The answer is a stretch of the material below, returned exactly: the line containing "repository f3bda1ad3cab3f54", the line containing "unfoldable pub filter_entries", and all lines between.

*****

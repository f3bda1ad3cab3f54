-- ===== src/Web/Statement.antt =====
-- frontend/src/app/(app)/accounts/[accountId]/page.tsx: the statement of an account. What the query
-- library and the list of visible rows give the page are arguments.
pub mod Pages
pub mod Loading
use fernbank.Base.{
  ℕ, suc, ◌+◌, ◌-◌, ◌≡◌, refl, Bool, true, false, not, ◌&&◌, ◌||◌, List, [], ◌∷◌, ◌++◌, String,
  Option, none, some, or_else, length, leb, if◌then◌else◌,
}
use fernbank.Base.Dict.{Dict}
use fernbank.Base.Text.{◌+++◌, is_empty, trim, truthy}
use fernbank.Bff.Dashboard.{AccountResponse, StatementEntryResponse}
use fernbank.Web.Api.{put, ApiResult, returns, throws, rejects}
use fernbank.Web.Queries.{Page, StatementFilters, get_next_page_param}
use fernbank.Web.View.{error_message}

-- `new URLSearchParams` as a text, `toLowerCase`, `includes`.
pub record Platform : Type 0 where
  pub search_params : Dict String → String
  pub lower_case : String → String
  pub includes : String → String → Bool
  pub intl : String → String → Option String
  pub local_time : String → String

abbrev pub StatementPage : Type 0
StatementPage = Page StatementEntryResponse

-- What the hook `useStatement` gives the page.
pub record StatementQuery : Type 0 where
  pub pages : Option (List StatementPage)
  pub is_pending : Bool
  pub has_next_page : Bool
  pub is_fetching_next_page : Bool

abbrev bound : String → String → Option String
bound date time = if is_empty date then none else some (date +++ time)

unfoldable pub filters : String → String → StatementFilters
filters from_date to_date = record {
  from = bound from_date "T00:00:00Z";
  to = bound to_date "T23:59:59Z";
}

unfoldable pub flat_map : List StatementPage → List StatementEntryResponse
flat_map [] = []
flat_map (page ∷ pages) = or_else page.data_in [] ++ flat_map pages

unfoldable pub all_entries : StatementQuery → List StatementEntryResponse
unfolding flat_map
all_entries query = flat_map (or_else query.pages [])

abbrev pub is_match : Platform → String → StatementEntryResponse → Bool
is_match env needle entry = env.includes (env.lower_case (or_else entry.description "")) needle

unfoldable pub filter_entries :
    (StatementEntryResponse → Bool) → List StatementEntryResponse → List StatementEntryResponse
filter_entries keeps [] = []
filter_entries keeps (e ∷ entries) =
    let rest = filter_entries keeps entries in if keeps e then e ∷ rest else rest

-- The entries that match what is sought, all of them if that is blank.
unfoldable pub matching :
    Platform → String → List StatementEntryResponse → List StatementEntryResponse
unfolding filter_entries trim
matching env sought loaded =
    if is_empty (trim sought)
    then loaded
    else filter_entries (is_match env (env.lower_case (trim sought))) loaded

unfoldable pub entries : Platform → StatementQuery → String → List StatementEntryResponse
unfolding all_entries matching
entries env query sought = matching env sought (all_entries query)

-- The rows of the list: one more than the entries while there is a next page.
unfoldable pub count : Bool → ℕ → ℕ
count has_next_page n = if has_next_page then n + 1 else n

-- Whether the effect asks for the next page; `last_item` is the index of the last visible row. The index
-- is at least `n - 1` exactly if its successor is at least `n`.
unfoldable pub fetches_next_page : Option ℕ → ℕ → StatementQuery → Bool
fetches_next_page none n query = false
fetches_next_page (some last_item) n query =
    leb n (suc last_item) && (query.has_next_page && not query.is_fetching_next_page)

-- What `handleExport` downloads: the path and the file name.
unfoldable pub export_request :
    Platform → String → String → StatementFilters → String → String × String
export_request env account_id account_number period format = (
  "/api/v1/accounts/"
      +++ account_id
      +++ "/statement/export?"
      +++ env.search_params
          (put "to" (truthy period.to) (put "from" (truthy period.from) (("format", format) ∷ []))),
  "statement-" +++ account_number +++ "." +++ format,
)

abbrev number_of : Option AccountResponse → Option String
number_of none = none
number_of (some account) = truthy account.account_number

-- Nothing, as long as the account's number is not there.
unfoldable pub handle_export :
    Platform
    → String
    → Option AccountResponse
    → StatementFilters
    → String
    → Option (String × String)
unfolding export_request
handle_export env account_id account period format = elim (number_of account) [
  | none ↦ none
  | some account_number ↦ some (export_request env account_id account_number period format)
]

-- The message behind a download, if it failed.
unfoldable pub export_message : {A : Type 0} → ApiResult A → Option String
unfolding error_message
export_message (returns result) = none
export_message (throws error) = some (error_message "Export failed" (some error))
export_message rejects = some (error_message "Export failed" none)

*****

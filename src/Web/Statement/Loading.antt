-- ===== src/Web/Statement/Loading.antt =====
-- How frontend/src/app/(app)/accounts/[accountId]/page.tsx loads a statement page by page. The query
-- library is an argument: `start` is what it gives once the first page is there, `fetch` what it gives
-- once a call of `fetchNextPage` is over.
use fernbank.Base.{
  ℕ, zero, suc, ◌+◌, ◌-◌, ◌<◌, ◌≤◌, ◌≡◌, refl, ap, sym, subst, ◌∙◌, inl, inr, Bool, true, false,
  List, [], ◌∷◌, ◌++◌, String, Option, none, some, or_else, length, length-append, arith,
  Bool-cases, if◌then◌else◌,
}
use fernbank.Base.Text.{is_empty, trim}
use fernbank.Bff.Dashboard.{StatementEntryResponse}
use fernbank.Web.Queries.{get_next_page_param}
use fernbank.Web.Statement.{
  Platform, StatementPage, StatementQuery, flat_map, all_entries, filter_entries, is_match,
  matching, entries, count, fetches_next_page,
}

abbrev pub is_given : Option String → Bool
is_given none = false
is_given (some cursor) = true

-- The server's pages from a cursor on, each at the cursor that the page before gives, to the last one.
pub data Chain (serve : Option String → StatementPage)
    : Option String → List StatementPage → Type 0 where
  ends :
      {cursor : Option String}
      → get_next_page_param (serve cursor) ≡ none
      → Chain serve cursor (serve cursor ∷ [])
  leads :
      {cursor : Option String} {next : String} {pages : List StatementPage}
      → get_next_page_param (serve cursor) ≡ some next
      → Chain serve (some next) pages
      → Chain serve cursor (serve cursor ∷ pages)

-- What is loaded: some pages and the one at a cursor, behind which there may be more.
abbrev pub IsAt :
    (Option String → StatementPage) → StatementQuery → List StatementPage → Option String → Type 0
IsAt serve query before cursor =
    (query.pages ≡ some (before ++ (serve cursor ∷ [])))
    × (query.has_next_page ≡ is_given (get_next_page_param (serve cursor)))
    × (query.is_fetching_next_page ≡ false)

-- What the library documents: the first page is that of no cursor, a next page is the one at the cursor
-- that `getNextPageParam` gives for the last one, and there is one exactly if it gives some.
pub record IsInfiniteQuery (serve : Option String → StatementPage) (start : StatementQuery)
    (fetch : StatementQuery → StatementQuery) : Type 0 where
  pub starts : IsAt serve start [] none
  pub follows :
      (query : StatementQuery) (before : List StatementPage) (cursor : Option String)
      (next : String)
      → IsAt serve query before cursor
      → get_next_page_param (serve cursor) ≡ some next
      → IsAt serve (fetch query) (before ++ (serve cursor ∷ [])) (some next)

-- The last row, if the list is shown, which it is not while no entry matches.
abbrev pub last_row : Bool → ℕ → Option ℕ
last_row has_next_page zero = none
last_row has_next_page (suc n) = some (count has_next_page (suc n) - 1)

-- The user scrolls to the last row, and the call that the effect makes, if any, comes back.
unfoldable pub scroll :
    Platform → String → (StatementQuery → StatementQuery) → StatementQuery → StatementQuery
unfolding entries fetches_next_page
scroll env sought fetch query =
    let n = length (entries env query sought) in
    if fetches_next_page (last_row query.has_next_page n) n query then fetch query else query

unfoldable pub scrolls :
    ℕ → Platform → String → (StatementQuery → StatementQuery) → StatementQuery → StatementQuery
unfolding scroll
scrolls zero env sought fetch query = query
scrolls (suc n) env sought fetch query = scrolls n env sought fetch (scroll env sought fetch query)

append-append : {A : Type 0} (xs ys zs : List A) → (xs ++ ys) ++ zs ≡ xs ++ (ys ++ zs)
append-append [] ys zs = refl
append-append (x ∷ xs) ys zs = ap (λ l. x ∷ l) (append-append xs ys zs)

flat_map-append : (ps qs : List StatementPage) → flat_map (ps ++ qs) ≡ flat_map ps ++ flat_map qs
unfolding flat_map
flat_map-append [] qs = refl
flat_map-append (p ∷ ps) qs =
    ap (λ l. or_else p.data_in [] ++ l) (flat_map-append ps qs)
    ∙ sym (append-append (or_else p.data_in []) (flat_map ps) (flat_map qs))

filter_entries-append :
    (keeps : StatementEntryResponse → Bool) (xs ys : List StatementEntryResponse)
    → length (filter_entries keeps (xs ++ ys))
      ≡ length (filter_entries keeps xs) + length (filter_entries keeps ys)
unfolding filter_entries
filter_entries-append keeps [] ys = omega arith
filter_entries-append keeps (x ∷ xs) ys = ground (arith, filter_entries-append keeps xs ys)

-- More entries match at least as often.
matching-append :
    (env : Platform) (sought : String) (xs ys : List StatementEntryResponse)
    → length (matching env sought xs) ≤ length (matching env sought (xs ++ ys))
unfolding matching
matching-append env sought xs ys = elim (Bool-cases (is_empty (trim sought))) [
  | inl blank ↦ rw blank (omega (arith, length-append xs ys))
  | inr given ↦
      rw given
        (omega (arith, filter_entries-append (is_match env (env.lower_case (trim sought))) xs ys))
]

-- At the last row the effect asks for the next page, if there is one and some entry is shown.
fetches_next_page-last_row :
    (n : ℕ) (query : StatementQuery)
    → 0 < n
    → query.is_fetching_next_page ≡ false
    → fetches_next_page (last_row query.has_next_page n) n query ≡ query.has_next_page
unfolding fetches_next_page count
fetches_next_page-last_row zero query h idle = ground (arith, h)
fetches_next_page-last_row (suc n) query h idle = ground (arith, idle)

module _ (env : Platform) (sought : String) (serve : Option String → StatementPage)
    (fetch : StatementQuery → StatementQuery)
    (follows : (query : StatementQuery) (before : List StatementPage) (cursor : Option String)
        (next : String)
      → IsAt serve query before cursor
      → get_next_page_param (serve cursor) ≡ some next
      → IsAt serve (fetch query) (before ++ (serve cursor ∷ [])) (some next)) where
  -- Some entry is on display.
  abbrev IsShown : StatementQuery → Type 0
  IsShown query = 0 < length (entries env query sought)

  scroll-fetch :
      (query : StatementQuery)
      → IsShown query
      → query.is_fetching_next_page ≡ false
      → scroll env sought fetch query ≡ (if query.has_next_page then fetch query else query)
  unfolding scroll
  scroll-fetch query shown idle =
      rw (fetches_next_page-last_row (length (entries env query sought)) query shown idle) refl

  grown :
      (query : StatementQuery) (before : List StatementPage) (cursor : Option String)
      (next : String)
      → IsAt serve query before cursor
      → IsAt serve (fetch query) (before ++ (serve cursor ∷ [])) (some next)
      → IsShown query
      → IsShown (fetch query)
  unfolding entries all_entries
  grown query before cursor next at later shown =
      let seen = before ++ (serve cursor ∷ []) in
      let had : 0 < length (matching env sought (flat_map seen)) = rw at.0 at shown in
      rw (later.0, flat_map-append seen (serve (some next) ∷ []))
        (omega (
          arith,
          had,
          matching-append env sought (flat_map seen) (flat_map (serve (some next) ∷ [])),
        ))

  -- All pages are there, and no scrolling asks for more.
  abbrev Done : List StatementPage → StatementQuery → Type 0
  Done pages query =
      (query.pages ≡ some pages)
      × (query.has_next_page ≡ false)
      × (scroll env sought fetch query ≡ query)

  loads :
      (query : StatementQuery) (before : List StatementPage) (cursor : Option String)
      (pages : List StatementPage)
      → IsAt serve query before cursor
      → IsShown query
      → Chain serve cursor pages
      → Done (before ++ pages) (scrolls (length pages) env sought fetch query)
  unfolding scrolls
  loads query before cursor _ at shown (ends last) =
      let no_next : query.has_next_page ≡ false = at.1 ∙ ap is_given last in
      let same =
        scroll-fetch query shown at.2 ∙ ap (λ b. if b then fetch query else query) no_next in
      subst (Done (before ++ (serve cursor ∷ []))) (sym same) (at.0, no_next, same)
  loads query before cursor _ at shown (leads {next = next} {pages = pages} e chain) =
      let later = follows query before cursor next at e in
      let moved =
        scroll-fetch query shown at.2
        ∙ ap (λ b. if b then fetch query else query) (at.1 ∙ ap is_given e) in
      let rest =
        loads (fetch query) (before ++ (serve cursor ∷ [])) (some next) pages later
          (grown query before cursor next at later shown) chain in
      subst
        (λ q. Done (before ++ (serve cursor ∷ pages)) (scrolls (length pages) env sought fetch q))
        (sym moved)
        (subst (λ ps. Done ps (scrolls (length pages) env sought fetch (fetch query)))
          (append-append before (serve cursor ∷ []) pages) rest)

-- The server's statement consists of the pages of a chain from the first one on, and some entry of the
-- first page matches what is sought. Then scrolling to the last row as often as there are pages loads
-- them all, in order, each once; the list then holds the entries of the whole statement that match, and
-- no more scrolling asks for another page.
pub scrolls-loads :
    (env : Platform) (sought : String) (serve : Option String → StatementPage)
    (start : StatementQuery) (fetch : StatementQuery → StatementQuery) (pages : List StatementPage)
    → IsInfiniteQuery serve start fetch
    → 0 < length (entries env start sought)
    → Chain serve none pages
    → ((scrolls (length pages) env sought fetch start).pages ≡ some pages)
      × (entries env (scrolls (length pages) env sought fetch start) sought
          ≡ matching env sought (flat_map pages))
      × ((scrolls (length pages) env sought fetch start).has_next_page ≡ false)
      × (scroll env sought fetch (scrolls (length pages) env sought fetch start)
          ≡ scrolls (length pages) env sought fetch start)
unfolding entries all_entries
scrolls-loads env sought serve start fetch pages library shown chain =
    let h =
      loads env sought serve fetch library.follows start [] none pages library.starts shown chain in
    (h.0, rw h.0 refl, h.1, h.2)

*****

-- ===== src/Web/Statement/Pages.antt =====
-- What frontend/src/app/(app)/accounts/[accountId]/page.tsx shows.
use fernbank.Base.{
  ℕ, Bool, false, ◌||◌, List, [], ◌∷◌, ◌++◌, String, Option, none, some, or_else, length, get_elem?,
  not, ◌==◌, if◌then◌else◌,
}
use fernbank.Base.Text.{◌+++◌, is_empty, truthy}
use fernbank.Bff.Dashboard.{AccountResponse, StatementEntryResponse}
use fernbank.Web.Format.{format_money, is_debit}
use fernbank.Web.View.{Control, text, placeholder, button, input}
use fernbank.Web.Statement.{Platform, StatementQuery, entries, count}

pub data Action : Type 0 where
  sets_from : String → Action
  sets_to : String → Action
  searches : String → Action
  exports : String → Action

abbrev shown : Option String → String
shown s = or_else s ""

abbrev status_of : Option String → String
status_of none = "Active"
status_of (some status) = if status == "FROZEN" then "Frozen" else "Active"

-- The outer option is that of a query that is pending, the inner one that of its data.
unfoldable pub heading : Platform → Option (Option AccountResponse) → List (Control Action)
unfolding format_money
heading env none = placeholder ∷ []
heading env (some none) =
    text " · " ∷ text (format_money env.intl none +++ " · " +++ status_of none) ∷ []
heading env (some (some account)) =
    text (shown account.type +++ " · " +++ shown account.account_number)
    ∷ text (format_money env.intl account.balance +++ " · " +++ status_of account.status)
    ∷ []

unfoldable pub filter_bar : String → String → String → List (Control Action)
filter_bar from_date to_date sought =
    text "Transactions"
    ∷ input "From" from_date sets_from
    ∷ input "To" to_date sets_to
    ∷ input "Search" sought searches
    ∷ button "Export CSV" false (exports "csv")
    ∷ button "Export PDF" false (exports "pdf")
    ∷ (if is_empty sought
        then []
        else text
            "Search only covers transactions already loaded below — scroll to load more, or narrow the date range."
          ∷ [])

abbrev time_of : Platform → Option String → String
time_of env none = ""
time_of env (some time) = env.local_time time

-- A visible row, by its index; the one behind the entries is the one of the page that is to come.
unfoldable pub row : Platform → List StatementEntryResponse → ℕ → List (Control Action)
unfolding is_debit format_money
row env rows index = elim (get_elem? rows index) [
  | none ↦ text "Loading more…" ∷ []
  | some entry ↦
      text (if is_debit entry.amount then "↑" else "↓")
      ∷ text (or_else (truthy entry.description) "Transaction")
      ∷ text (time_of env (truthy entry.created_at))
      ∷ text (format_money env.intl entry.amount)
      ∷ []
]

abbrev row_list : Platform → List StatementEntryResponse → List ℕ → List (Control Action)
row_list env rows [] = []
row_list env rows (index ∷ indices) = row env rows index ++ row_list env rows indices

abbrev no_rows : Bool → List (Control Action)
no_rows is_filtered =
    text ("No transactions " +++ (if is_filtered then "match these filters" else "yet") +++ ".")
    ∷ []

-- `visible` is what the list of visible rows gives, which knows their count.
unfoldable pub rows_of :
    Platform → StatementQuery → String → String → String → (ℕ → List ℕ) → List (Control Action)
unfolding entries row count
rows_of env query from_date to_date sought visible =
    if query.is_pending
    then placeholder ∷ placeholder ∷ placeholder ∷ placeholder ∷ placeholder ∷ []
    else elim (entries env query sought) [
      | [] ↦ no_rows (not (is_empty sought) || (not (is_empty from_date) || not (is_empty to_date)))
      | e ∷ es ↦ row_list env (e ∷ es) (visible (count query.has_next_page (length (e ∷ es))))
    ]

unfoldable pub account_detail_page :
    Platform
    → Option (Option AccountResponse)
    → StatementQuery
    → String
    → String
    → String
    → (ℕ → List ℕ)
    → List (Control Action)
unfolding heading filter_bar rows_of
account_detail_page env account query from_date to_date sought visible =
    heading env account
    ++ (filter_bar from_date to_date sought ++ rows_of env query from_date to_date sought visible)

*****

> Your response
repository f3bda1ad3cab3f54
-- ===== src/Web/Statement.antt =====
-- frontend/src/app/(app)/accounts/[accountId]/page.tsx: the statement of an account. What the query
-- library and the list of visible rows give the page are arguments.
pub mod Pages
pub mod Loading
use fernbank.Base.{
  ℕ, suc, ◌+◌, ◌-◌, ◌≡◌, refl, Bool, true, false, not, ◌&&◌, ◌||◌, List, [], ◌∷◌, ◌++◌, String,
  Option, none, some, or_else, length, leb, if◌then◌else◌,
}
use fernbank.Base.Dict.{Dict}
use fernbank.Base.Text.{◌+++◌, is_empty, trim, truthy}
use fernbank.Bff.Dashboard.{AccountResponse, StatementEntryResponse}
use fernbank.Web.Api.{put, ApiResult, returns, throws, rejects}
use fernbank.Web.Queries.{Page, StatementFilters, get_next_page_param}
use fernbank.Web.View.{error_message}

-- `new URLSearchParams` as a text, `toLowerCase`, `includes`.
pub record Platform : Type 0 where
  pub search_params : Dict String → String
  pub lower_case : String → String
  pub includes : String → String → Bool
  pub intl : String → String → Option String
  pub local_time : String → String

abbrev pub StatementPage : Type 0
StatementPage = Page StatementEntryResponse

-- What the hook `useStatement` gives the page.
pub record StatementQuery : Type 0 where
  pub pages : Option (List StatementPage)
  pub is_pending : Bool
  pub has_next_page : Bool
  pub is_fetching_next_page : Bool

abbrev bound : String → String → Option String
bound date time = if is_empty date then none else some (date +++ time)

unfoldable pub filters : String → String → StatementFilters
filters from_date to_date = record {
  from = bound from_date "T00:00:00Z";
  to = bound to_date "T23:59:59Z";
}

unfoldable pub flat_map : List StatementPage → List StatementEntryResponse
flat_map [] = []
flat_map (page ∷ pages) = or_else page.data_in [] ++ flat_map pages

unfoldable pub all_entries : StatementQuery → List StatementEntryResponse
unfolding flat_map
all_entries query = flat_map (or_else query.pages [])

abbrev pub is_match : Platform → String → StatementEntryResponse → Bool
is_match env needle entry = env.includes (env.lower_case (or_else entry.description "")) needle

unfoldable pub filter_entries :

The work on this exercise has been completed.